When a magnitude 7.1 earthquake rocked the Mojave Desert in Southern California on October 16, seismic waves rippled through the ground under Los Angeles and continued westward under the Pacific Ocean.

The GOES-WEST satellite knew about it in seconds.

Less than a minute after the earthquake, the satellite had transmitted data to a computer in Seattle, where researchers spend their days worrying that such a quake might cause a deadly tsunami if it were centered offshore.

Think of the Pacific Ocean as a giant, full-to-capacity bathtub, with California sitting on one side and Japan on the other. Then imagine a child's hand splashing down near California. The energy creates a wave that moves across the tub without much fanfare -- until it runs into Japan and is forced up and over the edge of the tub and onto the floor.

In the real ocean, plenty of natural disasters can trigger a similar event.

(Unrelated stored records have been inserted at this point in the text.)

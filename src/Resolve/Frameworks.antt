-- ===== src/Resolve/Frameworks.antt =====
-- `addFramework` and `addControl` of policy/resolved_policy_builder.go. The recursion over dependencies
-- is on fuel; `none` means that the fuel ran out.
use cnspec.Common.{
  ℕ, zero, suc, Bool, true, false, ◌||◌, String, List, [], ◌∷◌, Option, none, some, if◌then◌else◌,
}
use cnspec.Common.Dict.{lookup}
use cnspec.Impact.{Impact}
use cnspec.Resolve.{
  ControlMap, FrameworkMap, Framework, Builder, Settings, query_node, framework_node, control_node,
}
use cnspec.Resolve.Edges.{add_edge, add_node}
use cnspec.Resolve.Groups.{can_run, action_of, ignoring, action_to_impact}

module _ (s : Settings) where
  -- The loops over the checks and over the queries of a control, and whether one was connected.
  unfoldable pub connect_queries :
      (String → Option Impact) → String → List String → Builder → Builder × Bool
  connect_queries impact mrn [] b = (b, false)
  connect_queries impact mrn (q ∷ qs) b = elim (lookup q b.nodes) [
    | none ↦ connect_queries impact mrn qs b
    | some (query_node type code) ↦
        ((connect_queries impact mrn qs (add_edge code mrn (impact q) b)).0, true)
    | some _ ↦ connect_queries impact mrn qs b
  ]

  -- The loop over its policies.
  unfoldable pub connect_policies : String → List String → Builder → Builder × Bool
  connect_policies mrn [] b = (b, false)
  connect_policies mrn (p ∷ ps) b = elim (lookup p b.nodes) [
    | none ↦ connect_policies mrn ps b
    | some n ↦ ((connect_policies mrn ps (add_edge p mrn (action_to_impact s p) b)).0, true)
  ]

  -- The loop over its controls.
  unfoldable pub connect_controls : String → List String → Builder → Builder × Bool
  connect_controls mrn [] b = (b, false)
  connect_controls mrn (c ∷ cs) b =
      ((connect_controls mrn cs (add_edge c mrn (action_to_impact s c) b)).0, true)

  -- `addControl`
  unfoldable pub add_control : ControlMap → Builder → Builder × Bool
  add_control c b =
      let checked = connect_queries (action_to_impact s) c.mrn c.checks b in
      let asked = connect_queries (λ q. some ignoring) c.mrn c.queries checked.0 in
      let under = connect_policies c.mrn c.policies asked.0 in
      let all = connect_controls c.mrn c.controls under.0 in
      if can_run (action_of s c.mrn)
      then if checked.1 || (asked.1 || (under.1 || all.1))
        then (add_node c.mrn control_node all.0, true)
        else (all.0, true)
      else (b, false)

  -- The loop over the controls of a map, and over the maps.
  unfoldable pub add_controls : String → List ControlMap → Builder → Builder
  add_controls owner [] b = b
  add_controls owner (c ∷ cs) b =
      let (d, connects) = add_control c b in
      elim connects [
        | true ↦ add_controls owner cs (add_edge c.mrn owner (action_to_impact s c.mrn) d)
        | false ↦ add_controls owner cs d
      ]

  unfoldable pub add_maps : List FrameworkMap → Builder → Builder
  add_maps [] b = b
  add_maps (m ∷ ms) b = add_maps ms (add_controls m.framework_owner m.controls b)

  -- The loop over the dependencies.
  unfoldable pub add_dependencies :
      (Framework → Builder → Option (Builder × Bool))
      → Option Impact
      → String
      → List String
      → Builder
      → Option Builder
  add_dependencies visit impact mrn [] b = some b
  add_dependencies visit impact mrn (d ∷ ds) b = elim (lookup d s.frameworks) [
    | none ↦ add_dependencies visit impact mrn ds b
    | some f ↦ elim (visit f b) [
      | none ↦ none
      | some (c, true) ↦ add_dependencies visit impact mrn ds (add_edge d mrn impact c)
      | some (c, false) ↦ add_dependencies visit impact mrn ds c
    ]
  ]

  -- The node of a framework, where it has none yet, and the impact on it.
  unfoldable pub enter_framework : String → Builder → Builder × Option Impact
  enter_framework mrn b = elim (lookup mrn b.nodes) [
    | none ↦ (add_node mrn framework_node b, none)
    | some n ↦ (b, some ignoring)
  ]

  -- `addFramework`
  unfoldable pub add_framework : ℕ → Framework → Builder → Option (Builder × Bool)
  add_framework zero f b = none
  add_framework (suc fuel) f b = elim (can_run (action_of s f.mrn)) [
    | false ↦ some (b, false)
    | true ↦
        let entered = enter_framework f.mrn b in
        elim (add_dependencies (add_framework fuel) entered.1 f.mrn f.dependencies
          (add_maps f.framework_maps entered.0)) [ none ↦ none | some c ↦ some (c, true) ]
  ]
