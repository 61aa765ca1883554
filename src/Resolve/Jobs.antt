-- ===== src/Resolve/Jobs.antt =====
-- The parts of a resolved policy that the nodes of policy/resolved_policy_builder.go build. The checksum
-- `relativeChecksum` is a parameter, and so is what compiling and connecting the datapoints of a
-- query does to the rest of the resolved policy, `execution`, where `none` is an error.
pub mod Connect
use cnspec.Common.{
  Bool, true, false, String, List, [], ◌∷◌, ◌++◌, Option, none, some, if◌then◌else◌,
}
use cnspec.Common.Dict.{lookup, update}
use cnspec.Common.Keys.{contains}
use cnspec.Impact.{Impact, ScoringSystem}
use cnspec.Node.ReportingJob.{
  JobType, check, data_query, check_and_data_query, policy, framework, risk_factor, execution_query,
  control,
}
use cnspec.Resolve.{
  Mquery, Node, QueryType, policy_node, query_node, execution_node, framework_node, control_node,
  risk_factor_node,
}

-- `ReportingJob`, without its datapoints and its checksum.
pub record ReportingJob : Type 0 where
  pub qr_id : String
  pub uuid : String
  pub notify : List String
  pub scoring_system : ScoringSystem
  pub child_jobs : List (String × Option Impact)
  pub type : JobType
  pub mrns : List String

-- The maps of `CollectorJob` that nodes fill, with the rest of the resolved policy; the risk factors
-- and their data queries, which are copied, are left out.
pub record Resolved (X : Type 0) : Type 0 where
  pub reporting_jobs : List (String × ReportingJob)
  pub reporting_queries : List (String × List String)
  pub risk_mrns : List (String × List String)
  pub execution : X

unfoldable pub new_job : String → String → JobType → List String → ReportingJob
new_job qr_id uuid type mrns = record {
  qr_id = qr_id;
  uuid = uuid;
  notify = [];
  scoring_system = ScoringSystem.scoring_unspecified;
  child_jobs = [];
  type = type;
  mrns = mrns;
}

-- The type of the job of a query.
job_type : QueryType → JobType
job_type QueryType.scoring = check
job_type QueryType.data_query = data_query
job_type QueryType.both = check_and_data_query

is_scored : QueryType → Bool
is_scored QueryType.data_query = false
is_scored _ = true

or_empty : Option (List String) → List String
or_empty none = []
or_empty (some xs) = xs

-- The item is appended to the strings of the key, or only if they do not have it.
append_item : String → String → List (String × List String) → List (String × List String)
append_item k item m = update k (or_empty (lookup k m) ++ (item ∷ [])) m

append_new : String → String → List (String × List String) → List (String × List String)
append_new k item m =
    if contains item (or_empty (lookup k m))
    then update k (or_empty (lookup k m)) m
    else append_item k item m

module _ {X : Type 0} where
  -- `addReportingJob`; the MRNs are empty unless they are allowed.
  unfoldable pub add_reporting_job :
      String → String → JobType → List String → Resolved X → Resolved X
  unfolding new_job
  add_reporting_job qr_id uuid type mrns r = elim (lookup uuid r.reporting_jobs) [
    | some j ↦ r
    | none ↦ record r {
      reporting_jobs = update uuid (new_job qr_id uuid type mrns) r.reporting_jobs;
    }
  ]

  unfoldable pub set_scoring : String → ScoringSystem → Resolved X → Resolved X
  set_scoring uuid scoring r = elim (lookup uuid r.reporting_jobs) [
    | none ↦ r
    | some j ↦ record r {
      reporting_jobs = update uuid (record j { scoring_system = scoring }) r.reporting_jobs;
    }
  ]

  unfoldable pub add_reporting_query : QueryType → String → String → Resolved X → Resolved X
  unfolding is_scored append_new append_item or_empty
  add_reporting_query type code uuid r =
      if is_scored type
      then record r { reporting_queries = append_new code uuid r.reporting_queries }
      else r

  unfoldable pub add_risk_mrns : (String → String) → String → List String → Resolved X → Resolved X
  unfolding append_item or_empty
  add_risk_mrns checksum mrn [] r = r
  add_risk_mrns checksum mrn (code ∷ codes) r =
      add_risk_mrns checksum mrn codes
        (record r { risk_mrns = append_item (checksum code) mrn r.risk_mrns })

  unfoldable pub add_execution :
      (Mquery → X → Option X) → (String → String) → Mquery → Resolved X → Option (Resolved X)
  add_execution compile checksum q r = elim (compile q r.execution) [
    | none ↦ none
    | some x ↦ some (
        add_reporting_job q.code_id (checksum q.code_id) execution_query []
          (record r { execution = x }))
  ]

module _ {X : Type 0} (compile : Mquery → X → Option X) (checksum : String → String)
    (root : String) where
  -- `build` of each node; `root` is the checksum for the root.
  unfoldable pub build : String → Node → Resolved X → Option (Resolved X)
  unfolding job_type
  build id (policy_node scoring true) r = some (add_reporting_job id root policy [] r)
  build id (policy_node scoring false) r =
      some
        (set_scoring (checksum id) scoring (add_reporting_job id (checksum id) policy (id ∷ []) r))
  build id (query_node type code) r = some (
      add_reporting_query type code (checksum code)
        (add_reporting_job id (checksum id) (job_type type) (id ∷ []) r))
  build id (execution_node q) r = add_execution compile checksum q r
  build id framework_node r = some (add_reporting_job id (checksum id) framework (id ∷ []) r)
  build id control_node r = some (add_reporting_job id (checksum id) control (id ∷ []) r)
  build id (risk_factor_node codes) r =
      some (
        add_risk_mrns checksum id codes
          (add_reporting_job id (checksum id) risk_factor (id ∷ []) r))
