-- ===== src/Resolve/Walk.antt =====
-- The walk over the graph in `buildResolvedPolicy` of policy/resolved_policy_builder.go: from the nodes
-- that cannot be pruned along the edges, where every node is built once. What building does to the
-- resolved policy is a parameter, `build`, where `none` is an error. The recursion is on fuel.
pub mod Paths
pub mod Walked
pub mod Reached
use cnspec.Common.{
  ℕ, zero, suc, Bool, true, false, not, ◌&&◌, ◌||◌, String, List, [], ◌∷◌, Option, none, some,
  if◌then◌else◌,
}
use cnspec.Common.Dict.{lookup}
use cnspec.Common.Keys.{contains}
use cnspec.Resolve.{Builder, Node, policy_node, execution_node}
use cnspec.Resolve.Edges.{targets}

-- `isPrunable`; `is_space` is the test whether an MRN begins as that of a space.
unfoldable pub is_prunable : (String → Bool) → String → Node → Bool
is_prunable is_space id (policy_node scoring is_root) = not is_root && not (is_space id)
is_prunable is_space id (execution_node q) = false
is_prunable is_space id _ = true

-- The loop that collects the nodes to start from.
unfoldable pub non_prunables : (String → Bool) → List (String × Node) → List String
non_prunables is_space [] = []
non_prunables is_space ((id, n) ∷ ns) =
    let rest = non_prunables is_space ns in if is_prunable is_space id n then rest else id ∷ rest

-- The ids that were visited, the latest first, and the policy that is being built.
pub record State (J : Type 0) : Type 0 where
  pub visited : List String
  pub job : J

pub data Outcome (J : Type 0) : Type 0 where
  done : State J → Outcome J
  failed : Outcome J
  out_of_fuel : Outcome J

module _ {J : Type 0} (build : String → Node → J → Option J) (b : Builder) where
  -- The loop over ids; an id without a node is skipped.
  unfoldable pub walk_all :
      (String → Node → State J → Outcome J) → List String → State J → Outcome J
  walk_all visit [] s = done s
  walk_all visit (e ∷ es) s = elim (lookup e b.nodes) [
    | none ↦ walk_all visit es s
    | some n ↦ elim (visit e n s) [
      | done t ↦ walk_all visit es t
      | failed ↦ failed
      | out_of_fuel ↦ out_of_fuel
    ]
  ]

  -- `walk`
  unfoldable pub walk : ℕ → String → Node → State J → Outcome J
  walk zero id n s = out_of_fuel
  walk (suc fuel) id n s = if contains id s.visited then done s else elim (build id n s.job) [
    | none ↦ failed
    | some j ↦ walk_all (walk fuel) (targets b id) (record { visited = id ∷ s.visited; job = j })
  ]

  -- The walk from all nodes that cannot be pruned.
  unfoldable pub walk_from : (String → Bool) → ℕ → J → Outcome J
  walk_from is_space fuel j =
      walk_all (walk fuel) (non_prunables is_space b.nodes) (record { visited = []; job = j })
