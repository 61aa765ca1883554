-- ===== src/Resolve/Jobs/Connect.antt =====
-- What `buildResolvedPolicy` of policy/resolved_policy_builder.go does after its walk: the reporting jobs
-- are connected along the edges, by their qr ids, and the root is found. `CollectorJob.Validate` of
-- policy/collectorjob.go.
pub mod Tables
pub mod Changes
pub mod Fresh
pub mod Wired
pub mod Links
pub mod Index
use cnspec.Common.{
  ℕ, Bool, true, false, ◌&&◌, String, str_eq, List, [], ◌∷◌, ◌++◌, Option, none, some,
  if◌then◌else◌,
}
use cnspec.Common.Dict.{lookup, update}
use cnspec.Resolve.Edges.{is_some}
use cnspec.Impact.{Impact}
use cnspec.Resolve.{Builder, EdgeImpact, Mquery}
use cnspec.Resolve.Jobs.{ReportingJob, Resolved, build}
use cnspec.Resolve.Walk.{walk_from, State, Outcome, done, failed, out_of_fuel}

abbrev pub Jobs : Type 0
Jobs = List (String × ReportingJob)

-- `reportingJobsByQrId`, with the key of each job; `none` is the error on two jobs with one qr id.
unfoldable pub by_qr_id : Jobs → List (String × String) → Option (List (String × String))
by_qr_id [] ids = some ids
by_qr_id ((uuid, j) ∷ js) ids = elim (lookup j.qr_id ids) [
  | some other ↦ none
  | none ↦ by_qr_id js (update j.qr_id uuid ids)
]

notified : String → ReportingJob → ReportingJob
notified uuid j = record j { notify = j.notify ++ (uuid ∷ []) }

with_child : String → Option Impact → ReportingJob → ReportingJob
with_child uuid impact j = record j { child_jobs = update uuid impact j.child_jobs }

unfoldable pub change : String → (ReportingJob → ReportingJob) → Jobs → Jobs
change uuid f js = elim (lookup uuid js) [ none ↦ js | some j ↦ update uuid (f j) js ]

-- `connectReportingJobNotifies`, for the jobs with these keys.
unfoldable pub connect_notifies : String → String → Option Impact → Jobs → Jobs
unfolding notified with_child
connect_notifies child parent impact js =
    change parent (with_child child impact) (change child (notified parent) js)

-- The body of the loop over the edges, and the loop.
unfoldable pub connect_edge : List (String × String) → String → EdgeImpact → Jobs → Jobs
connect_edge ids to e js = elim (lookup to ids) [
  | none ↦ js
  | some parent ↦ elim (lookup e.edge ids) [
    | none ↦ js
    | some child ↦ connect_notifies child parent e.impact js
  ]
]

unfoldable pub connect_sources : List (String × String) → String → List EdgeImpact → Jobs → Jobs
connect_sources ids to [] js = js
connect_sources ids to (e ∷ es) js = connect_sources ids to es (connect_edge ids to e js)

unfoldable pub connect_all : List (String × String) → List (String × List EdgeImpact) → Jobs → Jobs
connect_all ids [] js = js
connect_all ids ((to, es) ∷ rest) js = connect_all ids rest (connect_sources ids to es js)

-- The result of `buildResolvedPolicy`: the jobs and the key of the root.
pub data Resolution : Type 0 where
  resolved : Jobs → String → Resolution
  build_error : Resolution
  duplicate_qr_id : Resolution
  no_matching_policy : Resolution
  unfinished : Resolution

unfoldable pub as_root : ReportingJob → ReportingJob
as_root j = record j { qr_id = "root" }

unfoldable pub finish_with : String → Builder → Jobs → Option (List (String × String)) → Resolution
unfolding as_root
finish_with bundle_mrn b js none = duplicate_qr_id
finish_with bundle_mrn b js (some ids) = elim (lookup bundle_mrn ids) [
  | none ↦ no_matching_policy
  | some uuid ↦ resolved (change uuid as_root (connect_all ids b.reports_from js)) uuid
]

-- What follows the walk.
unfoldable pub finish : {X : Type 0} → String → Builder → Outcome (Resolved X) → Resolution
finish bundle_mrn b failed = build_error
finish bundle_mrn b out_of_fuel = unfinished
finish bundle_mrn b (done t) =
    finish_with bundle_mrn b t.job.reporting_jobs (by_qr_id t.job.reporting_jobs [])

-- `Validate`: whether it finds nothing.
unfoldable pub all_keys : {A : Type 0} → List (String × A) → Jobs → Bool
unfolding is_some
all_keys [] js = true
all_keys ((k, a) ∷ ks) js = is_some (lookup k js) && all_keys ks js

unfoldable pub all_refs : List String → Jobs → Bool
unfolding is_some
all_refs [] js = true
all_refs (k ∷ ks) js = is_some (lookup k js) && all_refs ks js

unfoldable pub validate_all : Jobs → Jobs → Bool
validate_all [] js = true
validate_all ((k, j) ∷ rest) js =
    all_keys j.child_jobs js && (all_refs j.notify js && validate_all rest js)

unfoldable pub validate : Jobs → Bool
validate js = validate_all js js

-- The empty resolved policy.
abbrev pub new_resolved : {X : Type 0} → X → Resolved X
new_resolved x = record {
  reporting_jobs = [];
  reporting_queries = [];
  risk_mrns = [];
  execution = x;
}

-- `buildResolvedPolicy` from the walk on.
module _ {X : Type 0} (compile : Mquery → X → Option X) (checksum : String → String) (root : String)
    (is_space : String → Bool) where
  unfoldable pub built : ℕ → X → Builder → Outcome (Resolved X)
  built fuel x b = walk_from (build compile checksum root) b is_space fuel (new_resolved x)

  unfoldable pub resolve : ℕ → String → X → Builder → Resolution
  resolve fuel bundle_mrn x b = finish bundle_mrn b (built fuel x b)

Caused by a paddle-effect from an earthquake, an underwater volcano, or even an asteroid, tsunamis are enormously dangerous stealth waves that travel vast distances across the ocean. You wouldn't notice one if it passed beneath your boat in deep water -- it would be gentle and rolling, not more than 3 feet high, and indiscernible from the general roll of the ocean.

But tsunamis are long-period waves, meaning their wave crests are far apart -- sometimes hundreds of miles on the open ocean. They can move as fast as 400 mph, and have enough energy to carry them great distances.

It's when they reach shallow water, where all this energy is forced upward, that the true nature of the wave becomes frighteningly apparent -- a realization that throughout history has come too late.

A Papua, New Guinea tsunami in 1998 killed some 3,000 people. It resulted from a 7.1 magnitude earthquake 15 miles offshore that was followed within 10 minutes by a wave estimated to be 40 feet tall. One of the worst tsunami disasters in history engulfed whole villages along Sanriku, Japan in 1896, when a wave more than seven-stories tall drowned 26,000 people. The powerful 1964 Alaskan earthquake triggered a tsunami that killed 11 people as far away as northern California.

To improve the detection of tsunamis, and possibly save lives, a consortium of agencies has deployed seafloor seismic sensors -- one off the coast of Monterey last May and three others near Alaska three weeks ago.

The devices sense pressure differences. If a tsunami passes above, the added weight of the water -- even as little as 1 cm -- is registered. Normal wind waves, which have a much shorter period than tsunamis, are filtered out. If a tsunami is detected, data is uploaded from an onboard computer chip, via sound signals, to a "hydrophone" that is attached to a buoy at the surface.

The buoy sends the data to the Geostationary Operational Environmental Satellite, orbiting in a fixed perch above the planet. From there, the information is downloaded to ground-based computers.

The system, called the Deep Ocean Assessment and Reporting of Tsunamis program (DART), is the latest component of the Tsunami Warning System -- a cooperative venture of 26 states and countries that monitor seismic activity and tidal stations throughout the Pacific Basin. Warnings are issued from bases in Hawaii and Alaska.

The October 16 earthquake was detected by the sensor off the coast of Monterey. However, instead of a tsunami, the device sensed a pressure change when it was lifted from below by seismic waves.

"Although there was no tsunami produced by the 7.0 earthquake, it did trigger the buoy and gave us an unexpected test of the system," said Eddie Bernard, director of the Pacific Marine Environmental Laboratory in Seattle, Wash. "The buoy system performed as designed."

Bernard said the device was able to distinguish the short duration of the event from a tsunami, which would have lasted longer. "When our people at the warning center saw it, they realized it was a seismic wave."

Had DART detected a tsunami, Bernard said a warning could have been issued immediately.

Existing measurements can only tell whether or not there is a tsunami, and when it might strike. The new system will enable scientists to predict the duration of the event, which in some cases can be a series of waves lasting several hours. Bernard also expects DART to do a much better job predicting the height of tsunamis. The improvements will help emergency managers decide who to evacuate and how long to keep them away from coastal areas.

In the past, warnings have been issued for tsunamis that turned out to be inconsequential. This is worrisome for emergency managers who fear such false alarms may cause public apathy when successive warnings are posted.

"Our hope is to eliminate false alarms with these buoys," Bernard said.